Leo Pessini: a Bioética da Amizade
No dia 24 de julho, a Ordem dos Ministros de Enfermos, os Camilianos, perdeu o Superior Geral em exercício. A Bioética brasileira perdeu uma das figuras mais proeminentes das últimas décadas. E eu perdi um grande amigo. Uma amizade de quase 40 anos, que teve início na década de 80, quando o padre Leocir Pessini iniciava sua caminhada como capelão do Hospital das Clínicas enquanto eu era um médico recém-formado. Brincávamos entre nós, os recém-graduados, que eu era o R1 (em referência ao primeiro ano de residência médica) e ele era o P1, porque acabava de se ordenar sacerdote.
Nos encontrávamos com frequência nos corredores do HC, na capela do décimo primeiro andar – que, por sinal, tinha pinturas de Fúlvio Pennacchi, que coincidentemente acabaria sendo meu paciente anos depois, até seus últimos momentos de vida. Vários colegas da minha turma ainda se lembram dos “pedidos de consulta” que fazíamos ao Pe. Leo para atender espiritualmente nossos pacientes ou conceder a Unção dos Enfermos.

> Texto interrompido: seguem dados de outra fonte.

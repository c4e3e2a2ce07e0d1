-- ===== src/Session/Outage/Accepts.antt =====
-- A publish that `service_outage_packet` of src/session/outage.rs accepts is in the buffer.
use traffic_director.Window.Frames.{encode_raw-HasType}
use mathlib.Core.Path.{subst}
use traffic_director.Window.{is_at_most_once, encode_raw}
use traffic_director.Exec.Post.{Post, Post-settle, Post-step_eq}
use traffic_director.Session.Outage.{
  OutageBuffer, Served, push, buffer_push, defer_encoded, defer_publish, service_outage_packet,
  outage_buffer_max_bytes,
}
use traffic_director.Window.Signals.{publishes, signal}
use traffic_director.Registry.{BufferedPublish}
use traffic_director.Codec.{
  QoS, at_most_once, at_least_once, exactly_once, PacketV3, PacketV5, MqttPacket, v3, v5, CodecLib,
  HasType, HasMqttHeaders, packet_type,
}
use traffic_director.Prelude.{
  Bytes, ℕ, ◌+◌, ◌≡◌, refl, sym, ◌⊎◌, inl, inr, false, Option, none, some, [], ◌∷◌, ◌++◌, arith,
  ltb, Bool-cases, length, Any, Any-snoc,
}
use traffic_director.Result.{ok, bind-ok}
use traffic_director.Session.Replay.Flush.{kind_of}

-- A buffered PUBLISH or PUBREL of the identifier.
abbrev pub Publishes : ℕ → BufferedPublish → Type 0
Publishes id e = (e.packet_id ≡ id) × ((kind_of e.raw ≡ 3) ⊎ (kind_of e.raw ≡ 6))

pub push-entries :
    (b b' : OutageBuffer) (i : ℕ) (raw : Bytes) (q : ℕ)
    → push b i raw q ≡ ok b'
    → b'.entries ≡ b.entries ++ record { packet_id = i; raw = raw; qos = q } ∷ []
unfolding push
push-entries b b' i raw q h =
    elim (Bool-cases (ltb outage_buffer_max_bytes (b.bytes + length raw))) [
      | inl over ↦ ground arith
      | inr fits ↦ ground arith
    ]

HasType-kind_of : (n : ℕ) (raw : Bytes) → HasType n raw → kind_of raw ≡ n
HasType-kind_of n [] h = absurd h
HasType-kind_of n (b ∷ raw) h = h.1

module _ {C : Type 0} (lib : CodecLib C) (id : ℕ) where
  abbrev pub Buffers : {A : Type 0} → A → Served C → Type 0
  Buffers a s = Any (Publishes id) s.buffer.entries

  -- A publish that the outage service accepts is in the buffer.
  buffer_push-Buffers :
      (s : Served C) (raw : Bytes) (qos : QoS)
      → kind_of raw ≡ 3
      → Post Buffers (buffer_push lib id raw qos s)
  unfolding buffer_push
  buffer_push-Buffers s raw qos k = Post-settle Buffers s _ (λ s' e.
      let (b, h, t) = bind-ok (push s.buffer id raw (lib.qos_byte qos)) e in
      let same : b ≡ s'.buffer = cc in
      (subst (λ b. Any (Publishes id) b.entries) same
        (subst (Any (Publishes id)) (sym (push-entries s.buffer b id raw (lib.qos_byte qos) t))
          (Any-snoc (Publishes id) s.buffer.entries (refl, inl k)))))

  defer_encoded-Buffers :
      (q qos : QoS) (i : Option ℕ) (raw : Bytes) (s : Served C)
      → publishes q i ≡ publishes qos (some id)
      → is_at_most_once qos ≡ false
      → kind_of raw ≡ 3
      → Post Buffers (defer_encoded lib q i raw s)
  unfolding defer_encoded
  defer_encoded-Buffers at_most_once qos i raw s e q k = cc
  defer_encoded-Buffers at_least_once qos none raw s e q k = cc
  defer_encoded-Buffers exactly_once qos none raw s e q k = cc
  defer_encoded-Buffers at_least_once qos (some i) raw s e q k =
      let same : id ≡ i = cc in
      subst (λ j. Post Buffers (buffer_push lib j raw at_least_once s)) same
        (buffer_push-Buffers s raw at_least_once k)
  defer_encoded-Buffers exactly_once qos (some i) raw s e q k =
      let same : id ≡ i = cc in
      subst (λ j. Post Buffers (buffer_push lib j raw exactly_once s)) same
        (buffer_push-Buffers s raw exactly_once k)

  module _ (laws : HasMqttHeaders lib) where
    defer_publish-Buffers :
        (q qos : QoS) (i : Option ℕ) (p : MqttPacket) (s : Served C)
        → publishes q i ≡ publishes qos (some id)
        → is_at_most_once qos ≡ false
        → packet_type p ≡ some 3
        → Post Buffers (defer_publish lib q i p s)
    unfolding defer_publish
    defer_publish-Buffers q qos i p s e a t =
        Post-step_eq Buffers (encode_raw lib p) _ s (λ raw enc.
          defer_encoded-Buffers q qos i raw s e a
            (HasType-kind_of 3 raw (encode_raw-HasType lib laws p raw 3 enc t)))

    pub service-Buffers :
        (p : MqttPacket) (qos : QoS) (s : Served C)
        → signal p ≡ publishes qos (some id)
        → is_at_most_once qos ≡ false
        → Post Buffers (service_outage_packet lib p s)
    unfolding service_outage_packet
    service-Buffers (v3 (PacketV3.publish p)) qos s e a =
        defer_publish-Buffers p.qos qos p.packet_id _ s e a refl
    service-Buffers (v5 (PacketV5.publish p)) qos s e a =
        defer_publish-Buffers p.qos qos p.packet_id _ s e a refl
    service-Buffers p qos s e a = cc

Junto com o entusiasmo por exercer a profissão, o hábito de chamar o capelão foi uma “moda que pegou” entre os jovens médicos. Muitas histórias emblemáticas acodem à memória. O paciente que melhorou depois da Unção e que alguém sugeriu ministrar a cada 12 horas… Ou aquele colega que professava um ateísmo formal e mandou chamar o capelão de madrugada, porque o paciente assim o desejava. Diante da expressão de surpresa da enfermeira, o médico explicou: “Sou ateu, sim, mas o paciente não tem nada a ver com isso”.

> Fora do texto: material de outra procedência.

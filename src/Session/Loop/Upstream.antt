-- ===== src/Session/Loop/Upstream.antt =====
-- What a client publishes through the loop of src/session/forward.rs is held until the broker answers
-- for it: in the window, or, during an outage, in the outage buffer.
use traffic_director.Session.Connected.Tracks.{on_client_next-tracks}
use traffic_director.Session.Loop.Keeps.{forward_loop-first, EventFrom}
use traffic_director.Session.Outage.Accepts.{service-Buffers, Publishes, Buffers, push-entries}
use traffic_director.Session.Connected.{Loop, continues}
use traffic_director.Session.Loop.{
  Event, client_yields, turn, connected, on_client_outage, forward_loop, in_phase, with_broker,
  served_of, after_service,
}
use traffic_director.Session.Replay.Windows.{establish_broker-keeps}
use mathlib.Core.Path.{subst}
use traffic_director.Session.Outage.Cases.{service_cases}
use traffic_director.Exec.Post.{Post, Post-thread, Post-mono}
use traffic_director.Session.Subscriptions.{Subscriptions}
use traffic_director.Session.Outage.{OutageBuffer, Served, push, service_outage_packet}
use traffic_director.Session.Conn.{Next, Conn, next_packet, polled}
use traffic_director.Codec.{QoS, ProtocolVersion, MqttPacket, CodecLib, HasMqttHeaders}
use traffic_director.Result.{ok}
use traffic_director.Window.Signals.{publishes, signal}
use traffic_director.Window.Phases.{phase-vec_insert}
use traffic_director.Session.Replay.{track_flushed, Link, establish_broker}
use traffic_director.Session.Replay.Flush.{kind_of}
use traffic_director.Window.InFlight.{
  track_c2b-starts, InFlight, Leaves, track_c2b-c2b, track_b2c-c2b,
}
use traffic_director.Window.Vec.{c2b_publish_sent, c2b_pubrel_sent}
use traffic_director.Registry.{BufferedPublish}
use traffic_director.Window.{InflightWindows, insert_c2b_raw, track_c2b, track_b2c, is_at_most_once}
use traffic_director.Prelude.{
  Bytes, ℕ, ◌≡◌, ◌⊎◌, inl, inr, List, ◌∷◌, arith, Any, sym, false, Option, none, some, Any-append,
  All,
}
use traffic_director.Session.Kept.{Property, HasLink, Kept, HasAfter}

abbrev pub Held : ℕ → InflightWindows → List BufferedPublish → Type 0
Held id w entries = InFlight w.c2b id ⊎ Any (Publishes id) entries

-- The client's publish of this identifier is in flight or buffered.
abbrev pub Owed : ℕ → Property
Owed id ver w b t = Held id w b.entries

phase-track_flushed :
    (w : InflightWindows) (kind i id : ℕ) (raw : Bytes)
    → InFlight w.c2b id
    → InFlight (track_flushed w kind i raw).c2b id
unfolding track_flushed insert_c2b_raw
phase-track_flushed w kind i id raw h e = ground (
  arith,
  phase-vec_insert w.c2b i id (c2b_publish_sent, raw),
  phase-vec_insert w.c2b i id (c2b_pubrel_sent, raw),
)

flushed_one :
    (w : InflightWindows) (e : BufferedPublish) (id : ℕ)
    → Publishes id e
    → InFlight (track_flushed w (kind_of e.raw) e.packet_id e.raw).c2b id
unfolding track_flushed insert_c2b_raw
flushed_one w e id (i, k) none_left = ground (
  arith,
  phase-vec_insert w.c2b e.packet_id id (c2b_publish_sent, e.raw),
  phase-vec_insert w.c2b e.packet_id id (c2b_pubrel_sent, e.raw),
)

track_flushed-Held :
    (id : ℕ) (w : InflightWindows) (e : BufferedPublish) (es : List BufferedPublish)
    → Held id w (e ∷ es)
    → Held id (track_flushed w (kind_of e.raw) e.packet_id e.raw) es
track_flushed-Held id w e es (inl h) =
    inl (phase-track_flushed w (kind_of e.raw) e.packet_id id e.raw h)
track_flushed-Held id w e es (inr (inl h)) = inl (flushed_one w e id h)
track_flushed-Held id w e es (inr (inr h)) = inr h

push-Held :
    (id : ℕ) (w : InflightWindows) (b b' : OutageBuffer) (i : ℕ) (raw : Bytes) (q : ℕ)
    → push b i raw q ≡ ok b'
    → Held id w b.entries
    → Held id w b'.entries
push-Held id w b b' i raw q e (inl h) = inl h
push-Held id w b b' i raw q e (inr h) = inr (
    subst (Any (Publishes id)) (sym (push-entries b b' i raw q e))
      (Any-append (Publishes id) b.entries _ h))

module _ {C : Type 0} (lib : CodecLib C) (id : ℕ) where
  abbrev HoldsIt : {A : Type 0} → A → Served C → Type 0
  HoldsIt a s = Held id s.windows s.buffer.entries

  replay-Owed :
      (ver : ProtocolVersion) (connect_raw : Bytes) (t : Subscriptions) (connack suback : Next C)
      (k : Link C)
      → HasLink (Owed id) ver t tt k
      → Post (HasLink (Owed id) ver t) (establish_broker lib ver connect_raw t connack suback k)
  replay-Owed ver connect_raw t connack suback k h =
      establish_broker-keeps (Held id) (track_flushed-Held id) lib ver connect_raw t connack suback
        k h

  track_c2b-Held :
      (w w' : InflightWindows) (p : MqttPacket) (es : List BufferedPublish)
      → track_c2b lib w p ≡ ok w'
      → Held id w es
      → Held id w' es
  track_c2b-Held w w' p es t (inl h) = inl (track_c2b-c2b lib w w' p id t h)
  track_c2b-Held w w' p es t (inr h) = inr h

  track_b2c-Held :
      (w w' : InflightWindows) (p : MqttPacket) (es : List BufferedPublish)
      → Leaves id p
      → track_b2c lib w p ≡ ok w'
      → Held id w es
      → Held id w' es
  track_b2c-Held w w' p es o t (inl h) = inl (track_b2c-c2b lib w w' p id o t h)
  track_b2c-Held w w' p es o t (inr h) = inr h

  Owed-Kept : Kept lib (Owed id) (λ p. Unit) (Leaves id)
  Owed-Kept = record {
    client_tracked = λ ver w w' b t p o e h. track_c2b-Held w w' p b.entries e h;
    table_tracked = λ ver w b t p o h. h;
    broker_tracked = λ ver w w' b t p o e h. track_b2c-Held w w' p b.entries o e h;
    served = λ ver p s o h.
        service_cases lib (HoldsIt tt) s p h
          (λ b i q n raw e t x. push-Held id s.windows s.buffer b i raw q x h)
          (λ w same e. track_c2b-Held s.windows w p s.buffer.entries e h) (λ c same e. h);
    replayed = replay-Owed;
  }

  -- Once a session has taken a publish of QoS 1 or 2 with an identifier from its client, with a broker
  -- connection or without one, the identifier is in flight in the client-to-broker window or a PUBLISH
  -- or PUBREL with it is in the outage buffer, whatever happens to the session after that, as long as
  -- `forward_loop` returns without an error and no packet that is read from the broker acknowledges
  -- or completes the identifier.
  pub forward_loop-Owed :
      (laws : HasMqttHeaders lib) (loop_id fd now : ℕ) (p : MqttPacket) (qos : QoS) (codec : C)
      (buf : Bytes) (events : List (Event C)) (l : Loop C)
      → signal p ≡ publishes qos (some id)
      → is_at_most_once qos ≡ false
      → All (EventFrom (λ p. Unit) (Leaves id)) events
      → Post
          (HasAfter (Owed id))
          (forward_loop lib loop_id fd (client_yields now (next_packet p codec buf) ∷ events) l)
  unfolding turn connected on_client_outage
  forward_loop-Owed laws loop_id fd now p qos codec buf events l s q o =
      forward_loop-first lib (Owed id) loop_id fd Owed-Kept
        (client_yields now (next_packet p codec buf)) events l o (taken l.session.broker)
    where
      taken :
          (o : Option (Conn C))
          → Post
              (HasAfter (Owed id))
              (in_phase lib loop_id fd o (client_yields now (next_packet p codec buf)) l)
      taken (some b) =
          Post-mono (λ a l'. InFlight l'.session.windows.c2b id) (HasAfter (Owed id)) _
            (on_client_next-tracks lib (λ w. InFlight w.c2b id) p now b codec buf
              (with_broker none l) (λ w w' t. track_c2b-starts lib w w' p id qos s q t))
            (λ a l' h. inl h)
      taken none =
          let l₁ : Loop C = record l {
            session = record l.session { client = polled l.session.client codec buf };
            last_client_activity = now;
          } in
          Post-thread (HasAfter (Owed id)) (Buffers lib id)
            (service_outage_packet lib p (served_of l₁)) (after_service l₁)
            (λ u s l'. (ok continues, l')) (service-Buffers lib id laws p qos (served_of l₁) s q)
            (λ u s h. inr h)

Poucos anos depois, o Pe. Leo ficou conhecido em todo o Brasil. O Presidente de República recém-eleito, Tancredo Neves, foi trasladado ao Hospital das Clínicas, onde acabaria falecendo semanas depois. Os telejornais acompanharam o longo desfecho da doença, as declarações dos médicos, as taxas diárias de leucócitos e, naturalmente, a figura daquele jovem capelão que atendia o Presidente e a família. Anos depois, num almoço, Leo comentou: “Eu tinha pouco mais de 30 anos e a situação caiu em minhas mãos. Fui várias vezes tomar lanche com D. Paulo Evaristo, que foi quem me ordenou sacerdote, para me aconselhar, pois a pressão da mídia era grande. Ele me disse: Leo, limite-se ao âmbito espiritual, não entre nas fofocas. Foi ótimo, porque teve até jornalista estrangeiro que me ofereceu bastante dinheiro para tirar umas fotos do Tancredo. Eu respondi: sou o capelão, não o fotógrafo. E tenho silêncio de ofício”. Penso que foi nesses momentos, na prolongada agonia de Tancredo, e nos desafios éticos, que o germe do gosto pela Bioética começou a deitar raízes em seu coração.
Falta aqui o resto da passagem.